FDA Panel Recommends Bristol, AstraZeneca Diabetes Drug
The U.S. Food and Drug Administration's (FDA) panel of medical experts has finally backed a new type of diabetes drug. The drug, which is created by Bristol-Myers Squibb and AstraZeneca, was previously rejected by the agency two years ago due to concerns over the safety of the drug. Now, the FDA's advisory panel voted 13 to one in favor of dapagliflozin stating that the drug could benefit people more than it could harm.
In January 2012, the FDA had rejected the drug due to concerns over the risks involved with cancer and cardiovascular health. At the time, the medical advisory panel found insufficient evidence that the drug was safe enough to use. Now, the panel has voted 10 to four stating that dapagliflozin is safe for the heart.
Although the FDA has not approved dapagliflozin, the agency often follows the recommendations of its advisory panel. The drug is currently approved and sold as Forxiga in Europe. This class of drugs works by blocking a protein called SGLT2. This protein is responsible for lowering blood sugar independently of insulin. The drug blocks the kidneys from reabsorbing the blood sugar, which then leads to the removal of glucose though the urine.
Despite the approval by the panel, during discussion, the members were concerned about the potential risk of bladder cancer.
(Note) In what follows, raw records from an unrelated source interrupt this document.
-- ===== src/Reader/Verify/Lines.antt =====
-- Reads of lines from a container that deep verification accepts, src/reader.rs.
use qzt.Base.{ℕ, ◌≡◌, List, All, IsByte, IsU64, length, get_elem?}
use qzt.Error.{ok, ok_or, line_out_of_range}
use qzt.Limits.{ResourceLimits}
use qzt.Codec.{Zstd}
use qzt.Reader.{QztReader, open_with_limits, export_all, decode_entry}
use qzt.Reader.Export.{export_all-Readable}
use qzt.Reader.Lines.{read_line_raw}
use qzt.Base.SplitLines.{split_lines}
use qzt.Reader.Lines.Read.{read_line_from_entries_lem}
use qzt.Reader.Verify.{verify_deep_entries}
use qzt.Reader.Verify.Checked.{verify_deep_entries-AreLined}

module _ (blake3 : List ℕ → List ℕ) (zstd : Zstd) where
  -- For a reader that `QztReader::open_with_limits` returns for a container of bytes with a u64 length,
  -- that exports the whole original, and whose chunks `verify_deep_entries` accepts: `read_line_raw`
  -- returns at every number the line of the original with it, with its line feed, and LineOutOfRange
  -- where the original has no such line.
  pub read_line_raw-export_all :
      (bytes : List ℕ) (limits : ResourceLimits) (reader : QztReader) (original : List ℕ)
      (decoded_bytes line_zero_based : ℕ)
      → All IsByte bytes
      → IsU64 (length bytes)
      → open_with_limits blake3 zstd bytes limits ≡ ok reader
      → export_all blake3 zstd reader ≡ ok original
      → verify_deep_entries blake3 (decode_entry blake3 zstd reader) reader.details
        ≡ ok decoded_bytes
      → read_line_raw blake3 zstd reader line_zero_based
        ≡ ok_or (get_elem? (split_lines original) line_zero_based) line_out_of_range
  unfolding read_line_raw
  read_line_raw-export_all bytes limits reader original n k all wide opens exports accepts =
      let readable =
        export_all-Readable blake3 zstd bytes limits reader original all wide opens exports in
      let decode = decode_entry blake3 zstd reader in
      let (lined, indexed) =
        verify_deep_entries-AreLined blake3 decode original reader.details
          reader.details.summary.line_count n readable.tiles readable.decodes accepts in
      read_line_from_entries_lem original decode reader.details readable.tiles readable.wide
        readable.decodes lined indexed k
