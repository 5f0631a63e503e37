-- ===== src/Reader/Verify/Runs.antt =====
-- Runs of deep verification, src/reader.rs, at a concrete container.
use qzt.Base.{[], ◌∷◌, ◌≡◌, refl, arith, are_bytes→All}
use qzt.Base.Utf8.{is_utf8}
use qzt.Error.{ok}
use qzt.Limits.{default_limits}
use qzt.Primitives.{checked_logical_end, checked_physical_end, u64_to_usize, usize_to_u64}
use qzt.ChunkTable.{partition_loop, partition_by_end, chunk_index_for_logical_offset}
use qzt.Chunker.{from_counts}
use qzt.Schema.{from_raw_bytes}
use qzt.Schema.Dictionary.{digest}
use qzt.Schema.IndexRoot.{checksum_eq}
use qzt.DenseLineIndex.{verify_chunk, line_start_offsets, scan_line_starts}
use qzt.Codec.{decode_chunk}
use qzt.Io.{get_range}
use qzt.Skeleton.{slice_physical}
use qzt.Skeleton.Sample.{sevens, container}
use qzt.Reader.{decode_entry, decode_compressed_entry, dictionary_bytes, find_dictionary}
use qzt.Reader.Runs.{zstd, reader, reader_opens, reader_exports}
use qzt.Reader.Lines.{read_line_raw}
use qzt.Base.SplitLines.{split_lines}
use qzt.Reader.Verify.{newline_word, is_byte, scan_bytes, update_text, is_ordered, insert_pending}
use qzt.Reader.Verify.{pending_documents, new_hasher, activate, document_slice, feed_active, feed}
use qzt.Reader.Verify.{feed_documents, result_of, document_chunk_range, actual_checksum}
use qzt.Reader.Verify.{verify_documents, verify_dense, expected_flags, start_hasher, finish_hasher}
use qzt.Reader.Verify.{verify_entry, verify_entries, verify_document_index, verify_deep_entries}
use qzt.Reader.Verify.Lines.{read_line_raw-export_all}

reader_verifies : verify_deep_entries sevens (decode_entry sevens zstd reader) reader.details ≡ ok 4
unfolding decode_entry decode_compressed_entry dictionary_bytes find_dictionary decode_chunk
    slice_physical checked_physical_end checked_logical_end get_range usize_to_u64 u64_to_usize
    partition_loop partition_by_end chunk_index_for_logical_offset from_counts checksum_eq
    verify_chunk line_start_offsets scan_line_starts newline_word is_byte scan_bytes update_text
    is_ordered insert_pending pending_documents new_hasher activate document_slice feed_active feed
    feed_documents result_of document_chunk_range actual_checksum verify_documents verify_dense
    expected_flags start_hasher finish_hasher verify_entry verify_entries verify_document_index
    verify_deep_entries is_utf8 digest from_raw_bytes
reader_verifies = refl

read_line_raw-export_all_example : read_line_raw sevens zstd reader 1 ≡ ok (b'b' ∷ 10 ∷ [])
unfolding split_lines
read_line_raw-export_all_example =
    read_line_raw-export_all sevens zstd container default_limits reader
      (b'a' ∷ 10 ∷ b'b' ∷ 10 ∷ []) 4 1 (are_bytes→All container refl) (omega arith) reader_opens
      reader_exports reader_verifies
In one of the large trials, 10 patients who were on this drug went on to develop bladder cancer. The experts believe that at least six of the patients' cases were not related to the drug because the cancer had manifested within months after treatment started. The experts reasoned that the drug would cause cancer to develop in years and not months.
"I really like this drug," commented panel member, Dr. Milton Packer, a cardiologist and chairman of clinical sciences with the University of Texas Southwestern Medical Center located in Dallas reported by Reuters. However, Packer stated that monitoring bladder cancer risk is important.
The drug-manufacturing companies now await the FDA's decision.